方才在嘉德公主問起時,她就已想過,那錦囊警告的事,除了她和常荀,絕不能讓外人知曉。示警之人是誰姑且不論,倘若叫永初帝知道事先有人提醒,叫阿殷留意嘉德,結果卻還是讓嘉德出了那樣的事,他會怎樣想?嘉德公主險些遇害,永初帝先入為主,自然會覺得阿殷當時應將此事稟報給他,才是萬無一失。而今的情形,他不會感激阿殷留下隋鐵衣,反倒會怪阿殷疏忽大意。
可那個時候,阿殷哪能想到,孟皇后和太子竟會那樣明目張胆,肆意妄為?
在宮廷中,眾目睽睽之下謀害公主,那是聞所未聞之事!
阿殷斂眉,起身行禮道:「啟稟父皇,自定王殿下離京後,兒臣就覺得不踏實。外出時有人跟蹤,回了府,晚上外頭也不安寧。兒臣是侍衛出身,從前跟著殿下剿匪殺敵,對危險最是敏銳,那日湊巧坐到嘉德身邊,就覺得不對勁。定王殿下最疼愛嘉德,兒臣既覺出不對,就該留心,所以請了隋將軍陪伴嘉德。只是那畢竟是兒臣的感覺,沒半點真憑實據,兒臣不敢貿然稟報父皇,也是兒臣的疏忽,請父皇降罪。」
無憑無據自然不能瞎稟報,這還能有什麼可降罪的?
永初帝擺手示意她坐下,「倒是你這一絲警覺,救下了嘉德的性命。」
阿殷垂首,未敢應答。
永初帝默了片刻,又道:「算起來你也是三品將軍,是朝中高官。這回嘉德的事是你率先警覺,玄素總誇你機敏聰慧,你倒給朕說說,瘋馬的事,你怎麼看。」
「兒臣惶恐,不敢妄議。」阿殷立即起身。
永初帝笑著擺手,「朕知道你的本事,連玄素都推崇。儘管說來,朕恕你無罪。」
阿殷惶恐站了片刻,見永初帝頷首示意她放心,這才收了惶恐之態。

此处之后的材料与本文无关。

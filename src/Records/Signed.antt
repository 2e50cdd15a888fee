-- ===== src/Records/Signed.antt =====
-- Records that their authors sign: packages/timebank-records/src/member-signed-record.ts. The bytes
-- that are signed are a function of the envelope, so they stand for it.
use peer_hours.Prelude.{
  All, Bool, true, false, ◌&&◌, String, Option, none, some, List, ◌≡◌, inl, inr, arith, Result, ok,
  err, throw_if, ◌>>=◌, ◌>>◌, >>=-eq-ok, Result-cases, eq_of_ok, SignedRecordRule, signed_record,
}
use peer_hours.Script.Text.{is_blank}
use peer_hours.Identity.Events.{MemberSigningKeyAuthorization}
use peer_hours.Identity.Verifier.{
  KeyIndex, empty_index, index_authorized_keys, verify_member_signature,
}
use peer_hours.Identity.Verifier.Indexed.{IsSeparable, IsSigned, verify_member_signature-IsSigned}
use peer_hours.Records.Json.{Json, text, Members, field}
use peer_hours.Records.Envelope.{RecordEnvelope, create_record_envelope}

pub record MemberSignedRecord : Type 0 where
  pub envelope : RecordEnvelope
  pub open envelope use *
  pub signing_key_id : String
  pub signature : String

unfoldable pub assert_text : Option Json → String → Result String
assert_text (some (text s)) label = do
  throw_if (is_blank s) (signed_record (SignedRecordRule.required label))
  ok s
assert_text _ label = err (signed_record (SignedRecordRule.required label))

abbrev has_field : Option Json → Bool
has_field none = false
has_field (some _) = true

-- `"signingKeyId" in value && "signature" in value`
unfoldable pub is_member_signed_record : Members → Bool
is_member_signed_record value =
    has_field (field value "signingKeyId") && has_field (field value "signature")

module _ (is_canonical : String → Bool) where
  unfoldable pub create_member_signed_record : Members → Result MemberSignedRecord
  create_member_signed_record input = do
    envelope ← create_record_envelope is_canonical input
    key_id ← assert_text (field input "signingKeyId") "Member signing key id"
    signature ← assert_text (field input "signature") "Member record signature"
    ok (record { envelope = envelope; signing_key_id = key_id; signature = signature })

  module _ (fingerprint : String → Option String) (is_signature : String → Bool)
      (verify_record : RecordEnvelope → String → String → Result Bool) where
    -- What the verifier answers for a record that was created.
    abbrev pub verify_created : KeyIndex → MemberSignedRecord → Bool
    verify_created index r =
        verify_member_signature is_signature verify_record index r.envelope r.community_id
          r.author_id r.signing_key_id r.signature

    -- `try { createMemberSignedRecord } catch { return false }`; the index of the keys may throw.
    unfoldable pub verify_member_signed_record :
        Members → List MemberSigningKeyAuthorization → Result Bool
    verify_member_signed_record input authorizations = elim (create_member_signed_record input) [
      | err _ ↦ ok false
      | ok r ↦ do
        index ← index_authorized_keys fingerprint is_canonical empty_index authorizations
        ok (verify_created index r)
    ]

    -- If the ids of the authorizations hold no NUL character, a record that verifies is a complete
    -- envelope with a key id and a signature, and the signature verifies for the whole envelope
    -- under the key of an active authorization that was given, with the community and the author of
    -- the envelope as its community and member.
    pub verify_member_signed_record-IsSigned :
        (input : Members) (authorizations : List MemberSigningKeyAuthorization)
        → All IsSeparable authorizations
        → verify_member_signed_record input authorizations ≡ ok true
        → (r : MemberSignedRecord) × (create_member_signed_record input ≡ ok r)
          × IsSigned fingerprint is_canonical is_signature verify_record authorizations r.envelope
              r.community_id r.author_id r.signing_key_id r.signature
    unfolding verify_member_signed_record
    verify_member_signed_record-IsSigned input authorizations separable h =
        elim (Result-cases (create_member_signed_record input)) [
          | inr (x, e) ↦ absurd (ground arith)
          | inl (r, e) ↦
              let (index, f, g) =
                >>=-eq-ok
                  (index_authorized_keys fingerprint is_canonical empty_index authorizations)
                  (λ i. ok (verify_created i r)) (rw (e, verify_member_signed_record) at h) in
              let verified : verify_created index r ≡ true =
                eq_of_ok (verify_created index r) true g in
              (
                r,
                e,
                verify_member_signature-IsSigned fingerprint is_canonical is_signature verify_record
                    authorizations index r.envelope r.community_id r.author_id r.signing_key_id
                    r.signature separable f verified,
              )
        ]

姿態做盡了,該說的話還是得說,如今定王不在京城,她能跟永初帝進言的機會有限,遂端然拱手道:「兒臣不知此事是何人所為,但看此事的結果,卻覺得蹊蹺。」
「從結果反推?也有意思,你且說說。」
「嘉德受驚墜馬,以兒臣所能知道的,按著時間來說,首先是兒臣吃驚,險些胎動。隨後,就是父皇盛怒,懲治了兩位禁軍統領。再然後,父皇為此事操勞憂心,又心疼嘉德,龍體欠安。除此而外,還有誰受損,兒臣也不清楚。」她挑眉看了眼永初帝,續道:「這是嘉德得救後,目下的情形。倘若嘉德沒有得救呢?」
永初帝的表情隨她的聲音一頓,唇角的些微笑意也收斂。
「倘若嘉德遇害,葬身猛獸腹中。其一,兒臣與嘉德交好,驚聞此噩耗,又那樣慘烈,胎兒怕會保不住,定王在南邊聽說嘉德和兒臣的消息,必也震動,深受打擊。其二,北衙禁軍未能救護公主,失職嚴重,皇上哀痛之下,不止兩位統領處死,北衙六衛的將軍、大將軍,必也受處罰。屆時北衙禁軍中,必有一番變動。其三,皇上痛失愛女,龍體受損,病情必定比此時重百倍千倍。屆時查案之事能否推進、北衙禁軍如何懲治、如何安排、朝堂的事如何料理,皇上想必心中有數。」
阿殷緩緩說罷,便跪在地上,「這只是兒臣小見識的推測,若有言語失當,懇請父皇諒解。」
殿內安靜得落針可聞。
永初帝面色陰沉,魏善也是頗為吃驚的看著阿殷。
阿殷跪在地上,面不改色,徐徐道:「兒臣雖是女子,卻也知道身受皇恩,必得忠君報國。父皇為天下百姓殫精竭慮,定王殿下連著奔波,才平定北邊兵患,又赴南下賑災安民。這固然是他身為臣子的本分,兒臣卻也不願看著父皇和定王殿下的辛勞,被這等陰謀玷污,叫嘉德無辜受害。今日斗膽陳情,還請父皇降罪。」
好半天,永初帝才喃喃道:「何罪之有……」
他的臉色極為難看,漸漸似有些呼吸不暢,狠狠咳嗽了一通,似情緒激動,難以壓制。魏善手忙腳亂的幫他順氣餵水,許久後等他情緒平復了,老皇帝才道:「起來吧,你說得在理,朕怎會怪罪。」
阿殷起身靜立,永初帝盯著丟在旁邊的奏摺。
那上頭明黃錦緞為封,繡龍盤飛,竟自有些猙獰。
「諸事紛亂,確實得有人穩住局面。」老皇帝喃喃,側頭見阿殷還在那裡,便道:「退下吧。」
他雖願意聽阿殷建言,卻也絕不可能跟她探討什麼。獨自對著奏摺坐了將近兩炷香的功夫,才招手叫魏善近前,「傳密旨,召定王即刻啟程回京,不許泄露任何風聲。」
「那定王去平流民的事?」
「詔令文書依舊發出去,對外也稱他在平定流民。玄素他應該知道怎麼辦。」
魏善應命而去,老皇帝靠在軟枕上,疲憊的闔上眼睛。